只见她紧咬着唇,甚至将唇上咬出一个血印来。
一般人做梦,做到这种程度肯定会醒来,然而尉迟靖却丝毫没有清醒的迹象,这让曹炟感觉到了事情的不对劲儿,连忙大力地晃她,“靖儿醒醒,醒醒!”
然而尉迟靖还是醒不来,曹炟向外头喊道:“来人,叫太医!”
一会儿,太医便来了。
只见尉迟靖在榻上不安地挣扎,面色已经非常难看,然而还是醒不来,把了脉后,太医却道:“脉象时急时缓,但却强而有力。”
曹炟焦急,问道:“这是何意?”
“皇上,公主没事,只是在做梦而已。”
曹炟却越看越不对,“混帐!做梦能做成这样吗?”
太医惶恐跪下,又道:“皇上,有一种梦叫做梦游,梦者如临真境,因此会有种种异常表现,公主虽然没有起身梦游,但以她的状况来看,很像是在梦游状况中,若强行令公主醒来,会惊吓到她,介时问题会更严重,所以建议有人守在公主身边即可,等她自行醒来。”
“滚!滚!”曹炟将太医骂走。
连太医都没办法,这一夜,曹炟只能亲自守在尉迟靖的身边。
他感觉到她在受什么深重折磨,没有办法替她分走,就只能轻轻地拥住她,不断地道:“靖儿乖,快从梦中醒来,靖儿乖,别怕,有我在你的身边呢……”
尹凤很快就得到了消息,一时间愤怒地将一只茶碗摔到地上。
“什么,他居然住在宁祥宫?!”尹凤的声音有些许尖锐。
“皇后娘娘,听说是那靖公主病了,请了太医也没用,皇上因此陪在那里。

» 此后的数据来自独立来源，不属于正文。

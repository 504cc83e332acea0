-- ===== src/Tests/Buffers.antt =====
-- Buffers and write buffers at concrete inputs.
use smtp_course_work.Base.{◌≡◌, refl, true, [], ◌∷◌, Bytes, arith}
use smtp_course_work.Stailq.{list_stailq}
use smtp_course_work.Kernel.{aborts, got, eintr, took}
use smtp_course_work.Buffer.{Buffer, buffer_find}
use smtp_course_work.Buffer.Bounds.{IsValid}
use smtp_course_work.Buffer.Contents.{contents}
use smtp_course_work.Buffer.Find.{Found, buffer_find-Found}
use smtp_course_work.WrBuffer.{WrBuffer}
use smtp_course_work.WrBuffer.Pending.{IsReady}
use smtp_course_work.WrBufIo.{send_wrbuffer}
use smtp_course_work.WrBufIo.Stream.{Streams, send_wrbuffer-Streams, send_wrbuffer_empty_head}
use smtp_course_work.Telnet.{suffix, recv_until}
use smtp_course_work.Telnet.Lines.{Receives, recv_until_lem}

-- "ab\r\nc" in a block of 8 bytes
abbrev sample : Buffer
sample = record {
  buf = 97 ∷ 98 ∷ 13 ∷ 10 ∷ 99 ∷ 0 ∷ 0 ∷ 0 ∷ [];
  allocated = true;
  size = 8;
  pos = 5;
}

sample-IsValid : IsValid sample
sample-IsValid = record {
  is_allocated = refl;
  block = refl;
  in_use = omega arith;
  small = omega arith;
}

buffer_find-Found_example : Found suffix (contents sample) (buffer_find sample suffix)
buffer_find-Found_example = buffer_find-Found sample suffix sample-IsValid

-- two strings wait, and one byte of the first is sent
abbrev queued : WrBuffer (list_stailq Bytes)
queued = record { queue = (97 ∷ 98 ∷ []) ∷ (13 ∷ 10 ∷ []) ∷ []; pos = 1 }

queued-IsReady : IsReady (list_stailq Bytes) queued
queued-IsReady = record { fits = (omega arith, (omega arith, tt)) }

send_wrbuffer-Streams_example :
    Streams
      (list_stailq Bytes)
      0
      queued
      (send_wrbuffer (list_stailq Bytes) (took 1 ∷ took 1 ∷ []) queued)
send_wrbuffer-Streams_example =
    send_wrbuffer-Streams (list_stailq Bytes) (took 1 ∷ took 1 ∷ []) queued queued-IsReady

abbrev empty_head : WrBuffer (list_stailq Bytes)
empty_head = record { queue = [] ∷ (13 ∷ 10 ∷ []) ∷ []; pos = 0 }

send_wrbuffer_empty_head_example :
    ((send_wrbuffer (list_stailq Bytes) (took 2 ∷ []) empty_head).result ≡ aborts)
    × ((send_wrbuffer (list_stailq Bytes) (took 2 ∷ []) empty_head).wire ≡ [])
send_wrbuffer_empty_head_example =
    send_wrbuffer_empty_head (list_stailq Bytes) (took 2 ∷ []) empty_head ((13 ∷ 10 ∷ []) ∷ []) refl

recv_until_lem_example :
    Receives
      (99 ∷ 100 ∷ [])
      sample
      (recv_until (eintr ∷ got (100 ∷ []) ∷ []) sample (99 ∷ 100 ∷ []))
recv_until_lem_example =
    recv_until_lem (eintr ∷ got (100 ∷ []) ∷ []) sample (99 ∷ 100 ∷ []) sample-IsValid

”
尹凤忽然默了下,眸子里现出一抹兴奋,“病了?梦游?”
那宫人道:“正是。”
尹凤摆摆手,“你出去吧。”
房间里只剩余她一个人,她的脸上方露出一抹阴冷的笑容。
……
天渐渐地亮了,尉迟靖忽然醒来。
身体沉重异常,却觉得榻上并非自己一人,吓了一跳,待细看时,才明白原来是曹炟和衣躺在她的身边,此时正睡着着。

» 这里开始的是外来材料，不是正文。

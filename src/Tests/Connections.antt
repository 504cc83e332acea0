-- ===== src/Tests/Connections.antt =====
-- Connections and the slots of the poll server at concrete inputs.
use smtp_course_work.Base.{
  ◌+◌, length, ◌==◌, if◌then◌else◌, ◌<◌, ◌≡◌, refl, true, false, none, some, List, [], ◌∷◌, ◌++◌,
  done, Bytes, ℕ, zero, suc, arith,
}
use smtp_course_work.Stailq.{list_stailq}
use smtp_course_work.Kernel.{got, SendReply, took}
use smtp_course_work.Buffer.{Buffer, init_buffer}
use smtp_course_work.Buffer.Bounds.{IsValid}
use smtp_course_work.Buffer.Contents.{contents}
use smtp_course_work.Buffer.Find.{Occurs, Found}
use smtp_course_work.Telnet.{suffix}
use smtp_course_work.Db.Tree.{map_tree}
use smtp_course_work.Db.Lock.{LockDb, init_lock_db}
use smtp_course_work.Cmds.{Vdb}
use smtp_course_work.Cmds.Session.{vdb_of}
use smtp_course_work.Cmds.Locked.{locked_db}
use smtp_course_work.Cnct.{Cnct, cnct_shut, cnct_open, cnct_wait, is_open}
use smtp_course_work.Cnct.Lifetime.{IsSettled}
use smtp_course_work.CnctIo.{process_cnct}
use smtp_course_work.CnctIo.Bounds.{Within, process_cnct-Within}
use smtp_course_work.CnctIo.Framing.{FirstLine, handled, process_cnct-line}
use smtp_course_work.Poll.{Slot, Answer, add_fd, answer_slot}
use smtp_course_work.Poll.{Events, ClientReplies}
use smtp_course_work.Poll.Clients.{IsConnected}
use smtp_course_work.Poll.Slots.{IsSlot, Placed, add_fd-Placed}
use smtp_course_work.Poll.{request, drained}
use smtp_course_work.Poll.Owed.{
  Life, IsAwaited, LifeReach, life_here, life_next, serves, connects, served, life_answers,
}
use smtp_course_work.Poll.{occupy, Served, process_client}
use smtp_course_work.Cmds.{process_cmd}
use smtp_course_work.Poll.Control.{asked, owed, Owed}
use smtp_course_work.Poll.Round.{ready, Round, poll_fds}
use smtp_course_work.Poll.Prepared.{Owes}
use smtp_course_work.Poll.Invariant.{Rounded, poll_fds-Rounded}
use smtp_course_work.Serve.{Turn, serve_client, after_visit}
use smtp_course_work.Serve.Dumb.{closed_by, destroy_holds}
use smtp_course_work.Cnct.{init_fd_cnct}
use smtp_course_work.Poll.Answers.{answer_all, late_answers}

-- a connection with an empty buffer of 8 bytes, which awaits one answer
abbrev conn : Cnct
conn = record {
  fd = none;
  buf = record { buf = 0 ∷ 0 ∷ 0 ∷ 0 ∷ 0 ∷ 0 ∷ 0 ∷ 0 ∷ []; allocated = true; size = 8; pos = 0 };
  queue_cnt = 1;
  state = cnct_open;
}

buf-IsValid : IsValid conn.buf
buf-IsValid = record {
  is_allocated = refl;
  block = refl;
  in_use = omega arith;
  small = omega arith;
}

conn-IsSettled : IsSettled conn
conn-IsSettled = record { settled = tt }

abbrev vdb : Vdb (LockDb map_tree)
vdb = vdb_of (locked_db map_tree)

abbrev locked : LockDb map_tree
locked = init_lock_db map_tree

abbrev sends : List SendReply
sends = took 1 ∷ took 1 ∷ []

before_end : (j : ℕ) → j < 2 → ¬ Occurs suffix (b'?' ∷ b'k' ∷ 13 ∷ 10 ∷ []) j
before_end zero h o = ground arith
before_end (suc zero) h o = ground arith
before_end (suc (suc j)) h o = omega arith

get_line : FirstLine (contents conn.buf ++ b'?' ∷ b'k' ∷ 13 ∷ 10 ∷ []) (b'?' ∷ b'k' ∷ []) []
unfolding contents
get_line = record { split = refl; first = before_end; no_nul = omega arith }

process_cnct-line_example :
    (b : Buffer) × (contents b ≡ [])
    × IsValid b
    × (process_cnct vdb true (got (b'?' ∷ b'k' ∷ 13 ∷ 10 ∷ [])) sends conn locked
        ≡ handled vdb sends conn locked b (b'?' ∷ b'k' ∷ []))
process_cnct-line_example =
    process_cnct-line vdb sends conn locked b'?' (b'k' ∷ 13 ∷ 10 ∷ []) (b'?' ∷ b'k' ∷ []) []
      buf-IsValid (omega arith) get_line

no_suffix : Found suffix (contents conn.buf ++ b'?' ∷ []) none
unfolding contents
no_suffix = λ j h o. absurd (omega arith)

-- an open slot with one answer to come, one that waits for an answer, and one that is free
abbrev open_slot : Slot (list_stailq Bytes)
open_slot = record {
  fd = some 5;
  wants_out = false;
  cnct = conn;
  wrbuf = record { queue = []; pos = 0 };
}

abbrev waiting_slot : Slot (list_stailq Bytes)
waiting_slot = record {
  fd = none;
  wants_out = false;
  cnct = record conn { state = cnct_wait };
  wrbuf = record { queue = []; pos = 0 };
}

abbrev free_slot : Slot (list_stailq Bytes)
free_slot = record {
  fd = none;
  wants_out = false;
  cnct = record conn { state = cnct_shut; queue_cnt = 0 };
  wrbuf = record { queue = []; pos = 0 };
}

open-IsSlot : IsSlot (list_stailq Bytes) open_slot
unfolding is_open
open-IsSlot = record { settled = record { settled = tt }; matches = refl; idle = λ e. refl }

waiting-IsSlot : IsSlot (list_stailq Bytes) waiting_slot
unfolding is_open
waiting-IsSlot = record {
  settled = record { settled = omega arith };
  matches = refl;
  idle = λ e. refl;
}

free-IsSlot : IsSlot (list_stailq Bytes) free_slot
unfolding is_open
free-IsSlot = record {
  settled = record { settled = omega arith };
  matches = refl;
  idle = λ e. refl;
}

abbrev slots : List (Slot (list_stailq Bytes))
slots = open_slot ∷ waiting_slot ∷ free_slot ∷ []

add_fd-Placed_example : Placed (list_stailq Bytes) slots 9 (add_fd (list_stailq Bytes) slots 9)
add_fd-Placed_example = add_fd-Placed (list_stailq Bytes) slots 9

abbrev answer : Answer
answer = record { nfd = 0; value = some (b'v' ∷ []); got_value = true; got_suffix = true }

late_answers_example :
    (s : Slot (list_stailq Bytes)) × (answer_all (list_stailq Bytes) (answer ∷ []) waiting_slot
      ≡ done s)
    × (s.fd ≡ none)
    × (s.cnct.queue_cnt + length (answer ∷ []) ≡ waiting_slot.cnct.queue_cnt)
    × (s.cnct.state
        ≡ (if length (answer ∷ []) == waiting_slot.cnct.queue_cnt then cnct_shut else cnct_wait))
    × (s.wrbuf.queue ≡ [])
late_answers_example =
    late_answers (list_stailq Bytes) (answer ∷ []) waiting_slot waiting-IsSlot refl (omega arith)

abbrev readable : Events
readable = record { closed = false; readable = true; writable = true; other = false }

abbrev replies : ClientReplies
replies = record {
  got_block = true;
  received = got (b'?' ∷ b'k' ∷ 13 ∷ 10 ∷ []);
  sends = sends;
  flushes = took 1 ∷ [];
}

open-IsConnected : IsConnected (list_stailq Bytes) open_slot
unfolding is_open
open-IsConnected = record { fd = 5; has_fd = refl; opened = refl }

-- the client has sent a line, and the answer that it is owed comes by the control pipe
abbrev round : Round
round = record {
  reply = ready 2;
  control = some (request answer ∷ drained ∷ []);
  bound = none;
  clients = (readable, replies) ∷ [];
}

answer_owed : Owes (list_stailq Bytes) round.control slots
unfolding owed asked
answer_owed = (first_owed, tt)
  where
    first_owed : Owed (list_stailq Bytes) (request answer ∷ drained ∷ []) slots
    first_owed zero = omega arith
    first_owed (suc i) = ground arith

poll_fds-Rounded_example :
    Rounded
      (list_stailq Bytes)
      vdb
      round
      slots
      locked
      (poll_fds (list_stailq Bytes) vdb round slots locked)
poll_fds-Rounded_example =
    poll_fds-Rounded (list_stailq Bytes) vdb round slots locked
      (open-IsSlot, (waiting-IsSlot, (free-IsSlot, tt))) answer_owed

abbrev block : Bytes
block = 0 ∷ 0 ∷ 0 ∷ 0 ∷ 0 ∷ 0 ∷ 0 ∷ 0 ∷ []

abbrev new_conn : Cnct
new_conn = record {
  fd = some 5;
  buf = record { buf = block; allocated = true; size = 131072; pos = 0 };
  queue_cnt = 0;
  state = cnct_open;
}

new_made : init_fd_cnct true (some block) (some 5) ≡ some new_conn
unfolding init_fd_cnct init_buffer
new_made = refl

abbrev turns : List Turn
turns =
    record {
      running = true;
      got_block = true;
      received = got (b'?' ∷ b'k' ∷ 13 ∷ 10 ∷ []);
      sends = sends;
    }
    ∷ []

destroy_holds_example :
    after_visit vdb (serve_client vdb turns new_conn locked)
    ≡ closed_by vdb refl (serve_client vdb turns new_conn locked)
destroy_holds_example = destroy_holds vdb refl true (some block) 5 new_conn turns locked new_made

process_cnct-Within_example :
    Within 8 (process_cnct vdb true (got (b'?' ∷ b'k' ∷ 13 ∷ 10 ∷ [])) sends conn locked).cnct.buf
process_cnct-Within_example =
    process_cnct-Within vdb sends true (got (b'?' ∷ b'k' ∷ 13 ∷ 10 ∷ [])) conn locked buf-IsValid

-- a database that answers later
abbrev async_vdb : Vdb (Unit {0})
async_vdb = record {
  get = none;
  set = λ db key v. done db;
  geta = some (λ db key. done db);
  has_async = true;
}

-- a slot that nobody has had
abbrev unused : Life (list_stailq Bytes) async_vdb
unused = record { slot = free_slot; db = (tt, 0); answered = 0 }

unused-IsAwaited : IsAwaited (list_stailq Bytes) async_vdb unused
unused-IsAwaited = record { slot = free-IsSlot; awaited = refl }

-- a client has connected and asks for a key
abbrev taken : Slot (list_stailq Bytes)
taken = occupy (list_stailq Bytes) free_slot 9

taken-IsConnected : IsConnected (list_stailq Bytes) taken
unfolding occupy is_open
taken-IsConnected = record { fd = 9; has_fd = refl; opened = refl }

abbrev asking : Served (list_stailq Bytes) (Unit {0} × ℕ)
asking = served (list_stailq Bytes) async_vdb readable replies taken (tt, 0)

abbrev asked_life : Life (list_stailq Bytes) async_vdb
asked_life = record { slot = asking.slot; db = asking.db; answered = 0 }

asked_reached : LifeReach (list_stailq Bytes) async_vdb unused asked_life
asked_reached =
    life_next (life_next life_here (connects 9 refl)) (serves readable replies taken-IsConnected)

life_answers_example :
    (0 < asked_life.db.1
      → (a : Answer)
      → (s : Slot (list_stailq Bytes)) × (answer_slot (list_stailq Bytes) a asked_life.slot
          ≡ done s))
    × (asked_life.slot.cnct.state ≡ cnct_shut → 0 ≡ asked_life.db.1)
life_answers_example =
    life_answers (list_stailq Bytes) async_vdb unused asked_life unused-IsAwaited asked_reached

-- one get has been asked for
asked_one : asked_life.db.1 ≡ 1
unfolding process_client process_cnct process_cmd smtp_course_work.Buffer.buffer_space occupy
    smtp_course_work.Telnet.recv_at_start smtp_course_work.Buffer.buffer_start
    smtp_course_work.Fd.safe_recv smtp_course_work.Buffer.buffer_find
    smtp_course_work.Buffer.buffer_shift smtp_course_work.Buffer.Contents.store_at_start
    smtp_course_work.Buffer.buffer_cut smtp_course_work.Telnet.strip_telnet_cmd
    smtp_course_work.CnctIo.process_request smtp_course_work.Cnct.inc_queue_cnt
asked_one = refl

尉迟靖见他虽然睡着,却依旧满面倦容,料想昨晚自己没少折腾,便轻手轻脚地下了榻,跌跌撞撞地打开门,去院子里,阳光很亮,她眼前有些发黑,适应了好一会儿,才长吁口气缓缓地抬起头,目光直视太阳,“阳光真好啊!”
曹炟也醒了过来,一摸旁边没人了,慌忙起身来出屋,只见尉迟靖双手向着太阳,身形却似有些不稳。
他走过去轻拥住她,“靖儿,你做什么呢?”
“和帝,太阳真好。”尉迟靖答道。
曹炟抬头看了看,太阳的确很好。
“靖儿,你身体是不是很不舒服?”
“晒晒太阳就好了,一见到太阳,就觉得轻松多了呢。”尉迟靖答道。
曹炟仔细地观察着她的脸,只见眼下青影明显,就好似好几天没睡过一样,而且仅仅一晚,人似乎也肖瘦了一圈儿。
曹炟总觉得事情不大对头,其实尉迟靖也知道事情不对了。
只是不知道哪里不对。
……
曹炟命人把贵妃榻搬出来放在院子里,阳光能够完全照得到的地方,又叫人在旁边生了暖炉,煮了热茶,既然她喜欢晒太阳,便多晒晒吧。而且她头刚一沾到榻上,似乎就已经又疲惫了,睡了过去。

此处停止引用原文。